Please reproduce the data below exactly, from the first line through the line containing "insert_sorted less x [] = x ∷ []", and leave every later line out.

==============================

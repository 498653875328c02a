-- ===== src/Base/Sort.antt =====
-- `sort.Slice` by a Boolean order, and what the first element of the sorted list is.
use mathlib.Core.Path.{◌≡◌, refl, sym, ap, ◌∙◌, subst}
use mathlib.Core.Logic.{◌↔◌, ◌⊎◌, inl, inr}
use mathlib.Core.Bool.{Bool, true, false}
use mathlib.Core.List.{List, [], ◌∷◌, head?}
use mathlib.Core.Option.{Option, none, some}
use native.Mathlib.Omega.{arith}
use minti.Base.Tests.{if◌then◌else◌, Bool-cases}
use minti.Base.Lists.{In}

module _ {ℓ} {A : Type ℓ} where
  unfoldable pub insert_sorted : (A → A → Bool) → A → List A → List A
  insert_sorted less x [] = x ∷ []
  insert_sorted less x (y ∷ ys) = if less y x then y ∷ insert_sorted less x ys else x ∷ y ∷ ys

  unfoldable pub sort_slice : (A → A → Bool) → List A → List A
  sort_slice less [] = []
  sort_slice less (x ∷ xs) = insert_sorted less x (sort_slice less xs)

  -- What `sort.Slice` asks of `less`: a strict weak order.
  pub record IsStrict (less : A → A → Bool) : Type ℓ where
    pub asym : (a b : A) → less a b ≡ true → less b a ≡ false
    pub weak : (a b c : A) → less a c ≡ true → (less a b ≡ true) ⊎ (less b c ≡ true)

module _ {A : Type 0} (less : A → A → Bool) where
  -- `m` is the first of the sorted list: it stands in the list, and nothing lies below it.
  pub record IsLeast (m : A) (xs : List A) : Type 0 where
    pub within : In m xs
    pub least : (z : A) → In z xs → less z m ≡ false

  insert_head : A → Option A → A
  insert_head x none = x
  insert_head x (some y) = if less y x then y else x

  head-insert_sorted :
      (x : A) (ys : List A) → head? (insert_sorted less x ys) ≡ some (insert_head x (head? ys))
  unfolding insert_sorted insert_head
  head-insert_sorted x [] = refl
  head-insert_sorted x (y ∷ ys) = ground arith

  insert_IsLeast :
      IsStrict less
      → (x y : A) (xs : List A) → IsLeast y xs
      → IsLeast (insert_head x (some y)) (x ∷ xs)
  unfolding insert_head
  insert_IsLeast s x y xs l = elim (Bool-cases (less y x)) [
    | inl e ↦ rw e (record {
      within = inr l.within;
      least = λ z. λ h. elim h [
        | inl p ↦ subst (λ w. less w y ≡ false) (sym p) (s.asym y x e)
        | inr h' ↦ l.least z h'
      ];
    })
    | inr e ↦ rw e (record { within = inl refl; least = λ z h. below z h e })
  ]
    where
      below : (z : A) → In z (x ∷ xs) → less y x ≡ false → less z x ≡ false
      below z (inl p) e = elim (Bool-cases (less z x)) [
        | inl t ↦ subst (λ w. less w x ≡ false) (sym p) (ground (arith, s.asym x x))
        | inr f ↦ f
      ]
      below z (inr h) e = ground (arith, s.weak z y x, l.least z h)

  -- The sorted list of a nonempty list begins with a least element.
  pub head-sort_slice :
      IsStrict less
      → (x : A) (xs : List A)
      → (m : A) × (head? (sort_slice less (x ∷ xs)) ≡ some m) × IsLeast m (x ∷ xs)
  unfolding sort_slice insert_head
  head-sort_slice s x [] = (
    x,
    head-insert_sorted x [],
    record { within = inl refl; least = λ z h. ground (arith, s.asym x x) },
  )
  head-sort_slice s x (y ∷ xs) =
      let (m, e, l) = head-sort_slice s y xs in
      (
        insert_head x (some m),
        head-insert_sorted x (sort_slice less (y ∷ xs)) ∙ ap (λ o. some (insert_head x o)) e,
        insert_IsLeast s x m (y ∷ xs) l,
      )

  -- Of two lists with the same elements the least elements are not told apart by the order.
  pub IsLeast-unique :
      (m n : A) (xs ys : List A)
      → ((a : A) → In a xs ↔ In a ys)
      → IsLeast m xs
      → IsLeast n ys
      → (less m n ≡ false) × (less n m ≡ false)
  IsLeast-unique m n xs ys same l k =
      (k.least m ((same m).0 l.within), l.least n ((same n).1 k.within))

==============================

**RESPONSE**
repository 498653875328c02a
-- ===== src/Base/Sort.antt =====
-- `sort.Slice` by a Boolean order, and what the first element of the sorted list is.
use mathlib.Core.Path.{◌≡◌, refl, sym, ap, ◌∙◌, subst}
use mathlib.Core.Logic.{◌↔◌, ◌⊎◌, inl, inr}
use mathlib.Core.Bool.{Bool, true, false}
use mathlib.Core.List.{List, [], ◌∷◌, head?}
use mathlib.Core.Option.{Option, none, some}
use native.Mathlib.Omega.{arith}
use minti.Base.Tests.{if◌then◌else◌, Bool-cases}
use minti.Base.Lists.{In}

module _ {ℓ} {A : Type ℓ} where
  unfoldable pub insert_sorted : (A → A → Bool) → A → List A → List A
  insert_sorted less x [] = x ∷ []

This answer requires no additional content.